I thought about marking this as a P1 as it could cause some very hard to track down data loss in a web application. What is the difference between P1 and P2 for the Tomcat project?
Using a plain Object to synchronize on rather than an Integer(0) would be very slightly more efficient.
Any reason not to use the Session object itself as the monitor?
No real reason I can find. We might want to use an instance variable as the lock just in case there are ever any other synchronized methods or sections added to the session where the entire session is locked. That would help if those synchronized session methods would need to be used by other threads and could be accessed even during passivation. I only find one place where the session itself is locked and that is in the expires method where a synchronized (this) is used. So, using the session itself would be OK for now, and it may logically work out to be the case that no other action should ever be able to actually be made or ever wanted on the session while it is being cached/passivated. I mentioned it could be used as the lock in the my description some where. So, at least for now, or always if deemed to always be wanted, I don't see any reason why it itself can not be the lock.
I have applied a patch to trunk based on the discussion here and proposed it for 6.0.x.
The patch has been applied to 6.0.x and will be in 6.0.17 onwards. Thanks for the suggested patch.
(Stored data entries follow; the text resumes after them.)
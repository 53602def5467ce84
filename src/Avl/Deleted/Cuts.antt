-- ===== src/Avl/Deleted/Cuts.antt =====
-- How avl_tree_delete (lib/avl.bpf.h) takes a node out of the tree, before it walks up.
use ghost_userspace_o.Base.{
  ℕ, suc, ◌+◌, ◌≤◌, ◌≡◌, ◌≢◌, Bool, true, false, refl, sym, ap, subst, ◌∙◌, ◌==◌, ==_refl, count,
  update, List, ◌++◌, some, arith,
}
use Prim.Native.Nat.{max}
use ghost_userspace_o.ArrList.Links.{update_miss, update_at}
use ghost_userspace_o.Avl.{Nodes}
use ghost_userspace_o.Avl.Rotate.{relink_child}
use ghost_userspace_o.Avl.Delete.{
  Unlinked, returned, unlinked, unlink_next, replace_by_next, is_left_of, adopt,
}
use ghost_userspace_o.Avl.Tree.{
  Tree, leaf, node, Place, top, right_of, inorder, height, before, after, plug, root_id, above_id,
  within, plug-within, inorder-plug, plug_height, plug_height_mono, plug_height-within, height-plug,
}
use ghost_userspace_o.Avl.Held.{
  Kids, Up, Bal, BalAt, KidsAt, UpAt, around, once, once_self, count-node, around-right, Bal-frame,
}
use ghost_userspace_o.Avl.Held.Around.{BalAt-frame}
use ghost_userspace_o.Avl.Inserted.Descend.{Side}
use ghost_userspace_o.Avl.Deleted.Step.{is_left_of-Side}
use ghost_userspace_o.Avl.Deleted.Replace.{replace-Spot}
use ghost_userspace_o.Avl.Deleted.Unlink.{Joined, Unlinks, replace_by_next-Joined}
use ghost_userspace_o.Avl.Deleted.Next.{Spot-seen, Joined-Spot}
use ghost_userspace_o.Avl.Rotated.{once-ne}
use ghost_userspace_o.Avl.Spot.{Spot, Rest, Rest-trans}

-- The tree without the node: at a place, from which the walk up starts, is a subtree that has lost
-- a level, and the whole reads xs and is no higher than it was.
pub record Cut (n : Nodes) (xs : List ℕ) (bound : ℕ) (n' : Nodes) (root x_id : ℕ) (left : Bool)
    : Type 0 where
  pub place : Place
  pub subtree : Tree
  pub above : x_id ≡ above_id place
  pub side : Side place left
  pub spot : Spot n' root place subtree (suc (height subtree))
  pub same : before place ++ (inorder subtree ++ after place) ≡ xs
  pub low : plug_height place (suc (height subtree)) ≤ bound
  pub rest : Rest n n'

-- One subtree is a leaf: the other takes the place.
pub lone_child-Cut :
    (n : Nodes) (root : ℕ) (c : Place) (e : ℕ) (u : Tree) (h : ℕ)
    → KidsAt n.left_id n.right_id root c (suc e)
    → UpAt n.parent_id c
    → BalAt n.balance c h
    → Kids n.left_id n.right_id u (root_id u)
    → Up n.parent_id (suc e) u
    → Bal n.balance u
    → ((i : ℕ) → around i c + (once e i + count i (inorder u)) ≤ 1)
    → h ≡ suc (height u)
    → Cut n
        (before c ++ (inorder u ++ after c))
        (plug_height c h)
        (adopt (relink_child n root e (above_id c) (root_id u)) (root_id u) (above_id c)).0
        (adopt (relink_child n root e (above_id c) (root_id u)) (root_id u) (above_id c)).1
        (above_id c)
        (is_left_of n (above_id c) (suc e))
lone_child-Cut n root c e u h k v b ku vu bu d p =
    let new : around e c ≡ 0 = omega (arith, d e, once_self e) in
    let (s, r, w) =
      replace-Spot n root e c u (suc e) h k v b ku vu bu (λ i. omega (arith, d i)) new in
    let m = adopt (relink_child n root e (above_id c) (root_id u)) (root_id u) (above_id c) in
    record {
      place = c;
      subtree = u;
      above = refl;
      side = is_left_of-Side n root e c k new;
      spot = subst (Spot m.0 m.1 c u) p s;
      same = refl;
      low = plug_height_mono c (suc (height u)) h (omega arith);
      rest = r;
    }

pub Unlinks-mono :
    (P Q : Nodes → ℕ → ℕ → Bool → Type 0) (r : Unlinked)
    → ((n : Nodes) (root x_id : ℕ) (left : Bool) → P n root x_id left → Q n root x_id left)
    → Unlinks P r
    → Unlinks Q r
Unlinks-mono P Q (returned n root) f u = u
Unlinks-mono P Q (unlinked n root x_id left) f u = f n root x_id left u

-- The next node m has taken the place of e: what the walk up starts from.
pub Joined-Cut :
    (n k n' : Nodes) (root : ℕ) (c : Place) (t : Tree) (e m : ℕ) (d : Place) (u : Tree)
    (left : Bool)
    → Rest n k
    → Joined k (plug c (node t m (plug d u))) n' root
    → k.balance m ≡ k.balance e
    → BalAt k.balance (within d (right_of t e c)) (suc (height u))
    → Bal k.balance u
    → ((i : ℕ) → around i (within d (right_of t e c)) + count i (inorder (node leaf m u)) ≤ 1)
    → Side (within d (right_of t m c)) left
    → Cut n
        (before c ++ (inorder (node t m (plug d u)) ++ after c))
        (plug_height c (height (node t e (plug d (node leaf m u)))))
        n'
        root
        (above_id (within d (right_of t m c)))
        left
Joined-Cut n k n' root c t e m d u left r j be b bu o side =
    let f : Place = right_of t m c in
    let high : plug_height d (suc (height u)) ≡ height (plug d (node leaf m u)) =
      ap (plug_height d) (omega arith) ∙ sym (height-plug d (node leaf m u)) in
    record {
      place = within d f;
      subtree = u;
      above = refl;
      side = side;
      spot = Joined-Spot k n' root c t e m d u (suc (height u)) j be b bu o;
      same =
          sym (inorder-plug (within d f) u)
          ∙ ap inorder (plug-within d f u)
          ∙ inorder-plug c (node t m (plug d u));
      low = omega (
        arith,
        plug_height-within d f (suc (height u)),
        plug_height_mono c (suc (max (height t) (plug_height d (suc (height u)))))
            (height (node t e (plug d (node leaf m u)))) (omega arith),
      );
      rest = Rest-trans n k n' r j.rest;
    }

-- The case of the next node that is the right child.
pub immediate-Cut :
    (n : Nodes) (root : ℕ) (c : Place) (a : Tree) (y : ℕ) (a' : Tree) (e m : ℕ) (u : Tree)
    → Spot n root c
        (node (node a y a') e (node leaf m u))
        (height (node (node a y a') e (node leaf m u)))
    → Unlinks
        (Cut n
          (before c ++ (inorder (node (node a y a') m u) ++ after c))
          (plug_height c (height (node (node a y a') e (node leaf m u)))))
        (unlink_next n root e (some m))
unfolding unlink_next
immediate-Cut n root c a y a' e m u s =
    let t = node a y a' in
    let d : Place = right_of t e c in
    let v = Spot-seen n root c (node t e (node leaf m u)) d (node leaf m u) refl s in
    let k : Nodes = record n { balance = update n.balance m (n.balance e) } in
    let test : (n.parent_id m == suc e) ≡ true = rw (v.up.0) (==_refl (suc e)) in
    let (i, ka, (j, z, ku)) = s.kids in
    let (p, ua, (pm, z', uu)) = s.up in
    let (lv, z'', bu) = v.bal in
    let tot : ((i : ℕ)
        → around i c + count i (inorder t) + (once e i + once m i + count i (inorder u)) ≤ 1) =
      λ i. omega (arith, v.distinct i, around-right i t e c, count-node i leaf m u) in
    let one_e : once e e ≡ 1 = once_self e in
    let one_m : once m m ≡ 1 = once_self m in
    let joined = replace_by_next-Joined k root c a y a' e m u (suc m) false (record {
      kids_at = s.kids_at;
      kids_left = ka;
      kids_right = ku;
      up_at = s.up_at;
      up_left = ua;
      up_right = uu;
      parent = p;
      distinct = λ i. omega (arith, tot i);
    }) in
    let not_m : ((i : ℕ) → around i d + count i (inorder u) ≢ 0 → m ≢ i) =
      λ i w. once-ne m i (omega (arith, v.distinct i, count-node i leaf m u)) in
    let kept : ((i : ℕ) → m ≢ i → n.balance i ≡ k.balance i) =
      λ i w. sym (update_miss n.balance m i (n.balance e) w) in
    let be : k.balance m ≡ k.balance e =
      update_at n.balance m (n.balance e) ∙ kept e (once-ne m e (omega (arith, tot e))) in
    let b : BalAt k.balance d (suc (height u)) =
      BalAt-frame n.balance k.balance d (suc (height u)) (λ i w. kept i (not_m i (omega arith)))
        (subst (BalAt n.balance d) (omega arith) v.bal_at) in
    let bu' = Bal-frame n.balance k.balance u (λ i w. kept i (not_m i (omega arith))) bu in
    rw (test) (
      Unlinks-mono
        (λ n' root' x fl. Joined k (plug c (node t m u)) n' root' × (x ≡ suc m) × (fl ≡ false))
        (Cut n (before c ++ (inorder (node t m u) ++ after c))
          (plug_height c (height (node t e (node leaf m u)))))
        (replace_by_next k root e m (suc m) false)
        (λ n' root' x fl w.
          rw (w.1, w.2)
            (Joined-Cut n k n' root' c t e m top u false
              (record { keys = refl; orphan = refl; orphans = refl }) w.0 be b bu' v.distinct refl))
        joined)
Created attachment 23592 [details] Reproducer, part 1: web application Web application for TC 5.5, 6.0 to reproduce the issue
Created attachment 23593 [details] Reproducer, part 2: client HTTPClient. commons-httpclient-3.1.jar and its dependencies are not included. To run: 1. Deploy bug43343.war on a web server 2. Unpack this bug43343_client.zip and put the following libraries into lib subfolder: commons-httpclient-3.1.jar commons-codec-1.3.jar commons-logging-1.1.1.jar 3. Run client.bat if you are on Windows The client creates several (100) instances of HttpClient that connect to http://localhost:8080/bug43343/index.jsp?number=nn&loop=ll Each HttpClient remembers its cookies, and thus connects to a separate session. The number parameter in URL is unique for each HttpClient instance, and loop starts with 0 and increments by 1 for each request from the same client. The context.xml file of the web application configures PersistentManager with some low values, to that this issue is more visible. The requests are being sent serially, with an interval of at least 4 seconds between request of the same client. The client prints out the response of web application, and terminates if status code 500 is received. Expected result: Successful run of the client. That is, 150 loops, which needs about 10 minutes to complete.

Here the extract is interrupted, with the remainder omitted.